___ Excerpted data ___
-- ===== src/Common/Slices.antt =====
-- Cutting a list in two, and `copy_from_slice` into a range of an array.
use Prim.Native.Nat.{ℕ, zero, suc, ◌+◌, ◌≤◌}
use mathlib.Core.Path.{◌≡◌, refl, ap, sym, ◌∙◌}
use mathlib.Core.List.{List, [], ◌∷◌, ◌++◌, append-nil, append_assoc}
use native.Mathlib.Omega.{arith}
use bristlemouth_rs.Common.Lists.{
  length, take, drop, set, length-append, length-take, length-drop, take-append, drop-append,
}

module _ {ℓ} {A : Type ℓ} where
  pub take-append_of : (xs ys : List A) (n : ℕ) → length xs ≡ n → take n (xs ++ ys) ≡ xs
  take-append_of xs ys n e = rw (← e) (take-append xs ys)

  pub drop_past : (n : ℕ) (xs : List A) → length xs ≤ n → drop n xs ≡ []
  drop_past zero [] h = refl
  drop_past zero (x ∷ xs) h = absurd (omega arith)
  drop_past (suc n) [] h = refl
  drop_past (suc n) (x ∷ xs) h = drop_past n xs (omega arith)

  -- `buf[at..at + bytes.len()].copy_from_slice(bytes)`.
  unfoldable pub copy_at : List A → ℕ → List A → List A
  copy_at buf at bytes = take at buf ++ (bytes ++ drop (at + length bytes) buf)

  pub length-copy_at :
      (buf : List A) (at : ℕ) (bytes : List A)
      → at + length bytes ≤ length buf
      → length (copy_at buf at bytes) ≡ length buf
  unfolding copy_at
  length-copy_at buf at bytes h = omega (
    arith,
    length-append (take at buf) (bytes ++ drop (at + length bytes) buf),
    length-append bytes (drop (at + length bytes) buf),
    length-take at buf,
    length-drop (at + length bytes) buf,
  )

  -- What stands before the end of the range: the old elements, then the new.
  pub take-copy_at :
      (buf : List A) (at : ℕ) (bytes : List A)
      → at ≤ length buf
      → take (at + length bytes) (copy_at buf at bytes) ≡ take at buf ++ bytes
  unfolding copy_at
  take-copy_at buf at bytes h =
      ap (take (at + length bytes)) (sym (append_assoc (take at buf) bytes _))
      ∙ take-append_of (take at buf ++ bytes) _ (at + length bytes)
          (omega (arith, length-append (take at buf) bytes, length-take at buf))

  -- A range up to the end of the array.
  pub copy_at_end :
      (buf : List A) (at : ℕ) (bytes : List A)
      → length buf ≤ at + length bytes
      → copy_at buf at bytes ≡ take at buf ++ bytes
  unfolding copy_at
  copy_at_end buf at bytes h =
      ap (λ zs. take at buf ++ (bytes ++ zs)) (drop_past (at + length bytes) buf h)
      ∙ ap (λ zs. take at buf ++ zs) (append-nil bytes)

  pub drop-append_of : (xs ys : List A) (n : ℕ) → length xs ≡ n → drop n (xs ++ ys) ≡ ys
  drop-append_of xs ys n e = rw (← e) (drop-append xs ys)

  pub take_past : (n : ℕ) (xs : List A) → length xs ≤ n → take n xs ≡ xs
  take_past zero [] h = refl
  take_past zero (x ∷ xs) h = absurd (omega arith)
  take_past (suc n) [] h = refl
  take_past (suc n) (x ∷ xs) h = ap (◌∷◌ x) (take_past n xs (omega arith))

  pub set-append_past :
      (xs ys : List A) (n i : ℕ) (v : A)
      → length xs ≡ n
      → set (xs ++ ys) (n + i) v ≡ xs ++ set ys i v
  set-append_past [] ys n i v e = let z : n + i ≡ i = omega (arith, e) in ap (λ k. set ys k v) z
  set-append_past (x ∷ xs) ys zero i v e = absurd (omega arith)
  set-append_past (x ∷ xs) ys (suc n) i v e =
      let z : suc n + i ≡ suc (n + i) = omega arith in
      ap (λ k. set (x ∷ (xs ++ ys)) k v) z ∙ ap (◌∷◌ x) (set-append_past xs ys n i v (omega arith))

  pub take-append_past :
      (xs ys : List A) (n k : ℕ) → length xs ≡ n → take (n + k) (xs ++ ys) ≡ xs ++ take k ys
  take-append_past [] ys n k e = let z : n + k ≡ k = omega (arith, e) in ap (λ j. take j ys) z
  take-append_past (x ∷ xs) ys zero k e = absurd (omega arith)
  take-append_past (x ∷ xs) ys (suc n) k e =
      let z : suc n + k ≡ suc (n + k) = omega arith in
      ap (λ j. take j (x ∷ (xs ++ ys))) z ∙ ap (◌∷◌ x) (take-append_past xs ys n k (omega arith))

  pub drop-drop : (a b : ℕ) (xs : List A) → drop a (drop b xs) ≡ drop (b + a) xs
  drop-drop a zero xs = let z : 0 + a ≡ a = omega arith in ap (λ k. drop k xs) (sym z)
  drop-drop zero (suc b) [] = let z : suc b + 0 ≡ suc b = omega arith in ap (λ k. drop k []) (sym z)
  drop-drop (suc a) (suc b) [] =
      let z : suc b + suc a ≡ suc (b + suc a) = omega arith in ap (λ k. drop k []) (sym z)
  drop-drop a (suc b) (x ∷ xs) =
      let z : suc b + a ≡ suc (b + a) = omega arith in
      drop-drop a b xs ∙ ap (λ k. drop k (x ∷ xs)) (sym z)

  pub drop-take : (a n : ℕ) (xs : List A) → drop a (take (a + n) xs) ≡ take n (drop a xs)
  drop-take zero n xs = let z : 0 + n ≡ n = omega arith in ap (λ k. take k xs) z
  drop-take (suc a) zero [] =
      let z : suc a + 0 ≡ suc a = omega arith in ap (λ k. drop (suc a) (take k [])) z
  drop-take (suc a) (suc n) [] =
      let z : suc a + suc n ≡ suc (a + suc n) = omega arith in ap (λ k. drop (suc a) (take k [])) z
  drop-take (suc a) n (x ∷ xs) =
      let z : suc a + n ≡ suc (a + n) = omega arith in
      ap (λ k. drop (suc a) (take k (x ∷ xs))) z ∙ drop-take a n xs
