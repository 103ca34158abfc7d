-- ===== src/Common/Patches.antt =====
-- What a write into a range of an array leaves as it was, and what is read back from the range.
use Prim.Native.Nat.{ℕ, zero, suc, ◌+◌, ◌-◌, ◌<◌, ◌≤◌}
use mathlib.Core.Path.{◌≡◌, refl, ap, sym, ◌∙◌}
use mathlib.Core.List.{List, [], ◌∷◌, ◌++◌, append_assoc}
use native.Mathlib.Omega.{arith}
use bristlemouth_rs.Common.Lists.{length, take, drop, get_or, length-append, length-take}
use bristlemouth_rs.Common.Slices.{
  copy_at, take-append_of, drop-append_of, drop-drop, drop-take, take-append_past,
}

module _ {ℓ} {A : Type ℓ} where
  pub get_or-take : (xs : List A) (n i : ℕ) (d : A) → i < n → get_or (take n xs) i d ≡ get_or xs i d
  get_or-take [] zero i d h = refl
  get_or-take [] (suc n) i d h = refl
  get_or-take (x ∷ xs) zero i d h = absurd (omega arith)
  get_or-take (x ∷ xs) (suc n) zero d h = refl
  get_or-take (x ∷ xs) (suc n) (suc i) d h = get_or-take xs n i d (omega arith)

  pub get_or-drop : (xs : List A) (n i : ℕ) (d : A) → get_or (drop n xs) i d ≡ get_or xs (n + i) d
  get_or-drop xs zero i d = let z : 0 + i ≡ i = omega arith in ap (λ k. get_or xs k d) (sym z)
  get_or-drop [] (suc n) i d = refl
  get_or-drop (x ∷ xs) (suc n) i d =
      let z : suc n + i ≡ suc (n + i) = omega arith in
      get_or-drop xs n i d ∙ ap (λ k. get_or (x ∷ xs) k d) (sym z)

  pub take-take : (m n : ℕ) (xs : List A) → m ≤ n → take m (take n xs) ≡ take m xs
  take-take zero zero xs h = refl
  take-take zero (suc n) [] h = refl
  take-take zero (suc n) (x ∷ xs) h = refl
  take-take (suc m) zero xs h = absurd (omega arith)
  take-take (suc m) (suc n) [] h = refl
  take-take (suc m) (suc n) (x ∷ xs) h = ap (◌∷◌ x) (take-take m n xs (omega arith))

  pub take-append_le : (n : ℕ) (xs ys : List A) → n ≤ length xs → take n (xs ++ ys) ≡ take n xs
  take-append_le zero [] [] h = refl
  take-append_le zero [] (y ∷ ys) h = refl
  take-append_le zero (x ∷ xs) ys h = refl
  take-append_le (suc n) [] ys h = absurd (omega arith)
  take-append_le (suc n) (x ∷ xs) ys h = ap (◌∷◌ x) (take-append_le n xs ys (omega arith))

  module _ (buf : List A) (at : ℕ) (bytes : List A) (room : at + length bytes ≤ length buf) where
    length-front : length (take at buf) ≡ at
    length-front = omega (arith, length-take at buf, room)

    -- What stands before the range.
    pub take-copy_at_before : (n : ℕ) → n ≤ at → take n (copy_at buf at bytes) ≡ take n buf
    unfolding copy_at
    take-copy_at_before n h =
        sym (take-take n at (copy_at buf at bytes) h)
        ∙ ap (take n) (take-append_of (take at buf) _ at length-front)
        ∙ take-take n at buf h

    -- What stands behind the range.
    pub drop-copy_at_after :
        (n : ℕ) → at + length bytes ≤ n → drop n (copy_at buf at bytes) ≡ drop n buf
    unfolding copy_at
    drop-copy_at_after n h =
        let k : ℕ = n - (at + length bytes) in
        let z : (at + length bytes) + k ≡ n = omega (arith, h) in
        ap (λ m. drop m (copy_at buf at bytes)) (sym z)
        ∙ sym (drop-drop k (at + length bytes) (copy_at buf at bytes))
        ∙ ap (drop k) (
            ap (drop (at + length bytes)) (sym (append_assoc (take at buf) bytes _))
            ∙ drop-append_of (take at buf ++ bytes) _ (at + length bytes)
                (omega (arith, length-append (take at buf) bytes, length-front)))
        ∙ drop-drop k (at + length bytes) buf
        ∙ ap (λ m. drop m buf) z

    -- The range itself.
    pub take-drop-copy_at : take (length bytes) (drop at (copy_at buf at bytes)) ≡ bytes
    unfolding copy_at
    take-drop-copy_at =
        ap (take (length bytes)) (drop-append_of (take at buf) _ at length-front)
        ∙ take-append_of bytes _ (length bytes) refl

    -- A range before or behind the one written is as it was.
    pub slice-copy_at_before :
        (off n : ℕ)
        → off + n ≤ at
        → take n (drop off (copy_at buf at bytes)) ≡ take n (drop off buf)
    slice-copy_at_before off n h =
        sym (drop-take off n (copy_at buf at bytes))
        ∙ ap (drop off) (take-copy_at_before (off + n) h)
        ∙ drop-take off n buf

    pub slice-copy_at_after :
        (off n : ℕ)
        → at + length bytes ≤ off
        → take n (drop off (copy_at buf at bytes)) ≡ take n (drop off buf)
    slice-copy_at_after off n h = ap (take n) (drop-copy_at_after off h)

    pub get_or-copy_at_before :
        (i : ℕ) (d : A) → i < at → get_or (copy_at buf at bytes) i d ≡ get_or buf i d
    get_or-copy_at_before i d h =
        sym (get_or-take (copy_at buf at bytes) at i d h)
        ∙ ap (λ xs. get_or xs i d) (take-copy_at_before at (omega arith))
        ∙ get_or-take buf at i d h

    pub get_or-copy_at_after :
        (i : ℕ) (d : A) → at + length bytes ≤ i → get_or (copy_at buf at bytes) i d ≡ get_or buf i d
    get_or-copy_at_after i d h =
        let z : i + 0 ≡ i = omega arith in
        ap (λ k. get_or (copy_at buf at bytes) k d) (sym z)
        ∙ sym (get_or-drop (copy_at buf at bytes) i 0 d)
        ∙ ap (λ xs. get_or xs 0 d) (drop-copy_at_after i h)
        ∙ get_or-drop buf i 0 d
        ∙ ap (λ k. get_or buf k d) z

    pub get_or-copy_at_in :
        (i : ℕ) (d : A)
        → i < length bytes
        → get_or (copy_at buf at bytes) (at + i) d ≡ get_or bytes i d
    get_or-copy_at_in i d h =
        sym (get_or-drop (copy_at buf at bytes) at i d)
        ∙ sym (get_or-take (drop at (copy_at buf at bytes)) (length bytes) i d h)
        ∙ ap (λ xs. get_or xs i d) take-drop-copy_at

    -- A range that starts where the one written does, and is longer.
    pub slice-copy_at_head :
        (n : ℕ)
        → length bytes ≤ n
        → take n (drop at (copy_at buf at bytes))
          ≡ bytes ++ drop (length bytes) (take n (drop at buf))
    unfolding copy_at
    slice-copy_at_head n h =
        let k : ℕ = n - length bytes in
        let z : length bytes + k ≡ n = omega (arith, h) in
        ap (take n) (drop-append_of (take at buf) _ at length-front)
        ∙ ap (λ m. take m (bytes ++ drop (at + length bytes) buf)) (sym z)
        ∙ take-append_past bytes (drop (at + length bytes) buf) (length bytes) k refl
        ∙ ap (λ xs. bytes ++ take k xs) (sym (drop-drop (length bytes) at buf))
        ∙ ap (λ xs. bytes ++ xs) (sym (drop-take (length bytes) k (drop at buf)))
        ∙ ap (λ m. bytes ++ drop (length bytes) (take m (drop at buf))) z
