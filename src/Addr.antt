-- ===== src/Addr.antt =====
-- bm-wire/src/addr.rs: the addresses of a node. An IPv6 address is the list of its 16 bytes, a MAC
-- that of its 6. bm-wire/src/frame.rs: the headers in front of a payload.
use bristlemouth_rs.Common.{
  ℕ, zero, suc, ◌+◌, ◌*◌, ◌/◌, ◌%◌, ◌^◌, Bool, List, [], ◌∷◌, ◌++◌, ltb, ◌==◌, if◌then◌else◌,
  get_or, replicate, drop, Result, err, BmWireError, invalid, fill_prefix,
}

-- `to_be_bytes` of a number of `n` bytes, its high bytes dropped.
unfoldable pub to_be_bytes : ℕ → ℕ → List ℕ
to_be_bytes zero v = []
to_be_bytes (suc n) v = (v / 256 ^ n % 256) ∷ to_be_bytes n v

unfoldable pub from_be_bytes : ℕ → List ℕ → ℕ
from_be_bytes acc [] = acc
from_be_bytes acc (b ∷ bs) = from_be_bytes (acc * 256 + b) bs

abbrev pub link_local_prefix : ℕ
link_local_prefix = 0xFE800000

abbrev pub link_local_multicast : List ℕ
link_local_multicast = 0xFF ∷ 0x02 ∷ (replicate 13 0 ++ (0x01 ∷ []))

unfoldable pub nodeid_to_ip : ℕ → ℕ → List ℕ
unfolding to_be_bytes
nodeid_to_ip prefix id = to_be_bytes 4 prefix ++ (replicate 4 0 ++ to_be_bytes 8 id)

unfoldable pub to_node_id : List ℕ → ℕ
unfolding from_be_bytes
to_node_id addr = from_be_bytes 0 (drop 8 addr)

-- `00:00` and the low 32 bits.
unfoldable pub mac_address : ℕ → List ℕ
unfolding to_be_bytes
mac_address id = 0 ∷ 0 ∷ to_be_bytes 4 id

unfoldable pub multicast_mac_from_ipv6 : List ℕ → List ℕ
multicast_mac_from_ipv6 dst =
    0x33 ∷ 0x33 ∷ get_or dst 12 0 ∷ get_or dst 13 0 ∷ get_or dst 14 0 ∷ get_or dst 15 0 ∷ []

unfoldable pub is_multicast : List ℕ → Bool
is_multicast addr = get_or addr 0 0 == 0xFF

unfoldable pub destination_mac : List ℕ → List ℕ
unfolding is_multicast multicast_mac_from_ipv6
destination_mac dst = if is_multicast dst then multicast_mac_from_ipv6 dst else replicate 6 0xFF

-- The 54 bytes of the Ethernet and the IPv6 header.
unfoldable pub header_bytes : List ℕ → List ℕ → ℕ → ℕ → ℕ → List ℕ
unfolding destination_mac mac_address to_node_id to_be_bytes
header_bytes src dst next_header hop_limit payload_len =
    destination_mac dst
    ++ (mac_address (to_node_id src)
        ++ (0x86
            ∷ 0xDD
            ∷ 0x60
            ∷ 0
            ∷ 0
            ∷ 0
            ∷ (to_be_bytes 2 payload_len ++ (next_header ∷ hop_limit ∷ (src ++ dst)))))

-- The buffer with the headers in front.
unfoldable pub write_headers : List ℕ → List ℕ → List ℕ → ℕ → ℕ → ℕ → Result BmWireError (List ℕ)
unfolding header_bytes fill_prefix
write_headers buf src dst next_header hop_limit payload_len =
    if ltb 65535 payload_len
    then err invalid
    else fill_prefix buf (header_bytes src dst next_header hop_limit payload_len)
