-- ===== src/L2.antt =====
-- bm-wire/src/l2.rs: what becomes of a frame before it leaves on a port. The offsets are those of
-- bm-wire/src/frame.rs.
pub mod Fields
pub mod Checksum
pub mod Restore
pub mod Ports
use Prim.Native.Nat.{bit_or}
use bristlemouth_rs.Common.{
  ℕ, ◌+◌, ◌-◌, ◌*◌, ◌/◌, ◌%◌, ◌^◌, Bool, true, false, ◌&&◌, Option, none, some, List, ltb, leb,
  ◌==◌, if◌then◌else◌, length, get_or, set, Result, ok, err, BmWireError, truncated, ◌>>=◌, u16_at,
}

abbrev pub min_frame_with_addresses : ℕ
min_frame_with_addresses = 54

abbrev pub min_stampable_frame : ℕ
min_stampable_frame = 62

abbrev pub next_header_offset : ℕ
next_header_offset = 20

abbrev pub ports_offset : ℕ
ports_offset = 24

abbrev pub destination_offset : ℕ
destination_offset = 38

abbrev pub requested_egress_port_offset : ℕ
requested_egress_port_offset = 51

abbrev pub bcmp_checksum_offset : ℕ
bcmp_checksum_offset = 56

abbrev pub udp_checksum_offset : ℕ
udp_checksum_offset = 60

abbrev pub ethernet_type_ipv6 : ℕ
ethernet_type_ipv6 = 0x86DD

-- `ethernet_type` of frame.rs.
unfoldable pub ethernet_type : List ℕ → Option ℕ
ethernet_type frame =
    if ltb (length frame) 14 then none else some (get_or frame 12 0 * 256 + get_or frame 13 0)

unfoldable pub is_ipv6 : List ℕ → Bool
unfolding ethernet_type
is_ipv6 frame = elim (ethernet_type frame) [ none ↦ false | some t ↦ t == ethernet_type_ipv6 ]

pub data TxKind : Type 0 where
  global_multicast link_local_multicast dropped : TxKind

-- `is_global_multicast` and `is_link_local_multicast` of the destination address.
unfoldable pub tx_kind : List ℕ → TxKind
tx_kind frame =
    let addr = λ (i : ℕ). get_or frame (destination_offset + i) 0 in
    if ltb (length frame) min_frame_with_addresses
    then dropped
    else if (addr 0 == 0xFF) && (addr 1 == 0x03) && (addr 15 == 0x01)
    then global_multicast
    else if (addr 0 == 0xFF) && (addr 1 == 0x02)
    then link_local_multicast
    else dropped

unfoldable pub all_ports_mask : ℕ → ℕ
all_ports_mask num_ports = if leb 16 num_ports then 65535 else 2 ^ num_ports - 1

-- The mask and the frame with the request cleared. The shift takes its amount modulo the width, as it
-- does where overflow is not checked.
unfoldable pub take_requested_egress_port : List ℕ → ℕ → Result BmWireError (ℕ × List ℕ)
unfolding all_ports_mask
take_requested_egress_port frame num_ports =
    let requested = get_or frame requested_egress_port_offset 0 in
    let cleared = set frame requested_egress_port_offset 0 in
    if ltb (length frame) min_frame_with_addresses
    then err truncated
    else if ltb 0 requested && leb requested num_ports
    then ok (2 ^ ((requested - 1) % 16), cleared)
    else ok (all_ports_mask num_ports, cleared)

pub data Patch : Type 0 where
  add subtract : Patch

-- `wrapping_add` and `wrapping_sub` of a port, modulo `m`.
unfoldable pub apply_port : Patch → ℕ → ℕ → ℕ → ℕ
apply_port add m x port = (x + port) % m
apply_port subtract m x port = (x + (m - port)) % m

-- `x ^ 0xFF` of a byte is `255 - x`.
unfoldable pub patch_udp : Patch → ℕ → List ℕ → List ℕ
unfolding apply_port
patch_udp op port frame =
    set frame udp_checksum_offset
      (255 - apply_port op 256 (255 - get_or frame udp_checksum_offset 0) port)

-- `x ^ 0xFFFF` of a 16-bit number is `65535 - x`.
unfoldable pub patch_bcmp : Patch → ℕ → List ℕ → List ℕ
unfolding apply_port
patch_bcmp op port frame =
    let checksum = 65535 - apply_port op 65536 (65535 - u16_at frame bcmp_checksum_offset) port in
    set (set frame bcmp_checksum_offset (checksum % 256)) (bcmp_checksum_offset + 1)
      (checksum / 256)

-- The part of `patch` behind the stamp.
unfoldable pub patch_checksum : Patch → ℕ → List ℕ → List ℕ
unfolding patch_udp patch_bcmp is_ipv6
patch_checksum op port frame =
    if is_ipv6 frame
    then if get_or frame next_header_offset 0 == 17
      then patch_udp op port frame
      else if get_or frame next_header_offset 0 == 0xBC
      then patch_bcmp op port frame
      else frame
    else frame

unfoldable pub stamp : Patch → ℕ → List ℕ → List ℕ
stamp add port frame = set frame ports_offset (bit_or (get_or frame ports_offset 0) port)
stamp subtract port frame = frame

unfoldable pub patch : List ℕ → ℕ → Patch → Result BmWireError (List ℕ)
unfolding patch_checksum stamp
patch frame port op =
    if ltb (length frame) min_stampable_frame
    then err truncated
    else ok (patch_checksum op port (stamp op port frame))

unfoldable pub add_egress_port : List ℕ → ℕ → Result BmWireError (List ℕ)
add_egress_port frame port = patch frame port add

unfoldable pub revert_checksum : List ℕ → ℕ → Result BmWireError (List ℕ)
revert_checksum frame port = patch frame port subtract

unfoldable pub clear_ports : List ℕ → Result BmWireError (List ℕ)
clear_ports frame =
    if ltb (length frame) min_frame_with_addresses
    then err truncated
    else ok (set frame ports_offset 0)

-- An error leaves the frame as it was: `let _ =`.
abbrev pub or_same : Result BmWireError (List ℕ) → List ℕ → List ℕ
or_same (err _) frame = frame
or_same (ok next) frame = next

-- `Stamped::drop`: the frame cleared and its checksum reverted.
unfoldable pub unstamp : List ℕ → ℕ → List ℕ
unfolding clear_ports revert_checksum
unstamp frame port =
    let cleared = or_same (clear_ports frame) frame in
    or_same (revert_checksum cleared port) cleared

-- The frame as `send` gets it, and the frame after the stamp is dropped.
unfoldable pub with_egress_port : List ℕ → ℕ → Result BmWireError (List ℕ × List ℕ)
unfolding add_egress_port unstamp
with_egress_port frame port = do
  stamped ← add_egress_port frame port
  ok (stamped, unstamp stamped port)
___
### What you will do:
In the answer, give the lines from the first line of the data through the line with "length-append bytes (drop", exactly as they appear and with no additions.

### Written reply:
-- ===== src/Common/Slices.antt =====
-- Cutting a list in two, and `copy_from_slice` into a range of an array.
use Prim.Native.Nat.{ℕ, zero, suc, ◌+◌, ◌≤◌}
use mathlib.Core.Path.{◌≡◌, refl, ap, sym, ◌∙◌}
use mathlib.Core.List.{List, [], ◌∷◌, ◌++◌, append-nil, append_assoc}
use native.Mathlib.Omega.{arith}
use bristlemouth_rs.Common.Lists.{
  length, take, drop, set, length-append, length-take, length-drop, take-append, drop-append,
}

module _ {ℓ} {A : Type ℓ} where
  pub take-append_of : (xs ys : List A) (n : ℕ) → length xs ≡ n → take n (xs ++ ys) ≡ xs
  take-append_of xs ys n e = rw (← e) (take-append xs ys)

  pub drop_past : (n : ℕ) (xs : List A) → length xs ≤ n → drop n xs ≡ []
  drop_past zero [] h = refl
  drop_past zero (x ∷ xs) h = absurd (omega arith)
  drop_past (suc n) [] h = refl
  drop_past (suc n) (x ∷ xs) h = drop_past n xs (omega arith)

  -- `buf[at..at + bytes.len()].copy_from_slice(bytes)`.
  unfoldable pub copy_at : List A → ℕ → List A → List A
  copy_at buf at bytes = take at buf ++ (bytes ++ drop (at + length bytes) buf)

  pub length-copy_at :
      (buf : List A) (at : ℕ) (bytes : List A)
      → at + length bytes ≤ length buf
      → length (copy_at buf at bytes) ≡ length buf
  unfolding copy_at
  length-copy_at buf at bytes h = omega (
    arith,
    length-append (take at buf) (bytes ++ drop (at + length bytes) buf),
    length-append bytes (drop (at + length bytes) buf),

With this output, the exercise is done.